Open FFY00 opened this issue 4 years ago • 4 comments

Would supporting joining table cells be something you might consider?

I want to make tables like the following:

+-------------+-----------+--------------+---------------+------------------------+------------+
|     byte    |     0     |       1      |       2       |            3           |  4 .. End  |
+-------------+-----------+--------------+---------------+----------+-------------+------------+
|     bit     |                                          |  15 .. 8 |    7 .. 0   |            |
+=============+===========+==============+===============+==========+=============+============+
| description | Report ID | Device Index | Feature Index | Function | Software ID | Parameters |
+-------------+-----------+--------------+---------------+----------+-------------+------------+

My use case is constructing packet structures, where a field might expand over several bytes or bits.

FFY00 avatar Oct 13 '20 19:10 FFY00

It could be useful.

What sort of API do you suggest? Would it be possible to support it for all the output styles?

hugovk avatar Oct 16 '20 11:10 hugovk

Not sure yet, designing an API for this is a bit tricky. I will think about it and try to come back.

FFY00 avatar Oct 16 '20 14:10 FFY00

For ascii output in particular, you could create a new option of empty_vertical_char, similar to vertical_char, except this would be a single character to print between two empty (i.e., None value) fields. The user could then just set it to be a " " space to make it appear empty.

Then when they add rows, they'd do this to get your example row:

x.add_row(["bit", None, None, None, "15 .. 8", "7 .. 0", None])

hadrielk avatar May 30 '22 09:05 hadrielk

Oh wait, no you really do want to "join cells", even if they contain data not just for empty ones.

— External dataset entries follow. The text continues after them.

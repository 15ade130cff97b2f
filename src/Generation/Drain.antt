-- ===== src/Generation/Drain.antt =====
-- Draining and releasing a generation (lifecycle.go).
use go_mamacord.Base.{
  ℕ, zero, suc, ◌<◌, ◌≡◌, refl, Bool, true, false, Option, none, some, List, [], ◌∷◌, arith, length,
  inl, inr, Bool-cases,
}
use go_mamacord.Generation.{
  closed_channel, Generation, cancel_active, close_drained, acquire, finish, begin_drain, release,
  is_unused, mark, Session, Event, acquires, drains, releases, cancels, finishes, apply, run, start,
  with_generation,
}
use go_mamacord.Generation.Invariant.{
  unfinished, IsSound, run-start-IsSound, run-IsSound, apply-IsSound,
}

module _ {P : Type 0} where
  acquire-closed : (g : Generation P) → g.accepting ≡ false → acquire g ≡ none
  unfolding acquire
  acquire-closed g h = ground arith

  release-closed :
      (g h : Generation P) → g.accepting ≡ false → release g ≡ some h → h.accepting ≡ false
  unfolding release
  release-closed g h c e = ground arith

  released-closed :
      (s : Session P) (r : Option (Generation P))
      → release s.generation ≡ r
      → s.generation.accepting ≡ false
      → (with_generation s r).generation.accepting ≡ false
  released-closed s none e h = h
  released-closed s (some g) e h = release-closed s.generation g h e

  finish-accepting : (g : Generation P) → (finish g).accepting ≡ g.accepting
  unfolding finish close_drained
  finish-accepting g = ground arith

  begin_drain-accepting : (g : Generation P) → (begin_drain g).accepting ≡ false
  unfolding begin_drain close_drained
  begin_drain-accepting g = ground arith

  apply-closed :
      (s : Session P) (e : Event)
      → s.generation.accepting ≡ false
      → (apply s e).generation.accepting ≡ false
  unfolding apply cancel_active
  apply-closed s acquires h = rw (acquire-closed s.generation h) h
  apply-closed s drains h = begin_drain-accepting s.generation
  apply-closed s releases h = released-closed s (release s.generation) refl h
  apply-closed s cancels h = h
  apply-closed s (finishes k) h = elim (Bool-cases (is_unused k s.onces)) [
    | inl unused ↦ rw (unused, finish-accepting s.generation) h
    | inr used ↦ rw used h
  ]

  run-closed :
      (s : Session P) (es : List Event)
      → s.generation.accepting ≡ false
      → (run s es).generation.accepting ≡ false
  unfolding run
  run-closed s [] h = h
  run-closed s (e ∷ es) h = run-closed (apply s e) es (apply-closed s e h)

  drains-closed : (s : Session P) → (apply s drains).generation.accepting ≡ false
  unfolding apply
  drains-closed s = begin_drain-accepting s.generation

  -- Once `BeginDrain` was called, no callback is taken on any more, whatever is called later.
  pub acquire-drained :
      (s : Session P) (es : List Event) → acquire (run (apply s drains) es).generation ≡ none
  acquire-drained s es =
      acquire-closed (run (apply s drains) es).generation
        (run-closed (apply s drains) es (drains-closed s))

  -- While a callback has not finished, the generation still has its program and cannot be released.
  pub program_kept :
      (p : P) (es : List Event)
      → let s = run (start p) es in
        0 < unfinished s.onces
        → (s.generation.program ≡ some p)
          × (s.generation.released ≡ false)
          × (release s.generation ≡ none)
  unfolding release
  program_kept p es busy = let sound = run-start-IsSound p es in ground (arith, sound)

-- The number of unfinished callbacks from the `k`-th on.
abbrev unfinished_from : ℕ → List Bool → ℕ
unfinished_from zero ts = unfinished ts
unfinished_from (suc k) [] = 0
unfinished_from (suc k) (t ∷ ts) = unfinished_from k ts

-- Every function that `acquire` returned is called, from the last to the first.
abbrev pub finish_all : ℕ → List Event
finish_all zero = []
finish_all (suc k) = finishes k ∷ finish_all k

unfinished_from-mark :
    (k : ℕ) (ts : List Bool) → unfinished_from k (mark k ts) ≡ unfinished_from (suc k) ts
unfinished_from-mark zero [] = refl
unfinished_from-mark (suc k) [] = refl
unfinished_from-mark zero (t ∷ ts) = refl
unfinished_from-mark (suc k) (t ∷ ts) = unfinished_from-mark k ts

unfinished_from-length : (ts : List Bool) → unfinished_from (length ts) ts ≡ 0
unfinished_from-length [] = refl
unfinished_from-length (t ∷ ts) = unfinished_from-length ts

mark_used : (k : ℕ) (ts : List Bool) → is_unused k ts ≡ false → mark k ts ≡ ts
mark_used k [] h = refl
mark_used zero (true ∷ ts) h = refl
mark_used zero (false ∷ ts) h = cc
mark_used (suc k) (t ∷ ts) h = rw (mark_used k ts h) refl

module _ {P : Type 0} where
  finishes-onces : (s : Session P) (k : ℕ) → (apply s (finishes k)).onces ≡ mark k s.onces
  unfolding apply
  finishes-onces s k = elim (Bool-cases (is_unused k s.onces)) [
    | inl unused ↦ rw unused refl
    | inr used ↦ rw (used, mark_used k s.onces used) refl
  ]

  finish_all-unfinished :
      (k : ℕ) (s : Session P)
      → unfinished_from k s.onces ≡ 0
      → unfinished (run s (finish_all k)).onces ≡ 0
  unfolding run
  finish_all-unfinished zero s h = h
  finish_all-unfinished (suc k) s h =
      finish_all-unfinished k (apply s (finishes k))
        (rw (finishes-onces s k, unfinished_from-mark k s.onces) h)

  drains-onces : (s : Session P) → (apply s drains).onces ≡ s.onces
  unfolding apply
  drains-onces s = refl

  -- What a generation that is drained has reached.
  abbrev pub IsReleasable : Generation P → Type 0
  IsReleasable g = (g.drained ≡ closed_channel) × ((release g ≡ none) → ⊥)

  idle-IsReleasable :
      (p : P) (g : Generation P) → IsSound p 0 g → g.accepting ≡ false → IsReleasable g
  unfolding release
  idle-IsReleasable p g sound closed = (ground (arith, sound), λ e. ground (arith, sound, e))

  -- After any sequence of calls on a new generation, once it drains and every callback has returned,
  -- `drained` is closed and the release succeeds.
  pub drain_finishes :
      (p : P) (es : List Event)
      → let s = apply (run (start p) es) drains in
        IsReleasable (run s (finish_all (length s.onces))).generation
  drain_finishes p es =
      let s = apply (run (start p) es) drains in
      let all = finish_all (length s.onces) in
      let idle = finish_all-unfinished (length s.onces) s (unfinished_from-length s.onces) in
      let sound =
        run-IsSound p s all (apply-IsSound p (run (start p) es) drains (run-start-IsSound p es)) in
      idle-IsReleasable p (run s all).generation (rw idle at sound)
        (run-closed s all (drains-closed (run (start p) es)))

Sorry I didn't notice your top/header row doing that for "3".

Yeah, that's hard.

One way might be to create a new class in prettytable, like for example a JoinedColumn.

The user could add rows like this:

from prettytable import JoinedColumn

x.add_row(["byte", 0, 1, 2, JoinedColumn(width=2, value=3), "4 .. End"])

Internally prettytable would check for that class type, and do what it needs to based on that.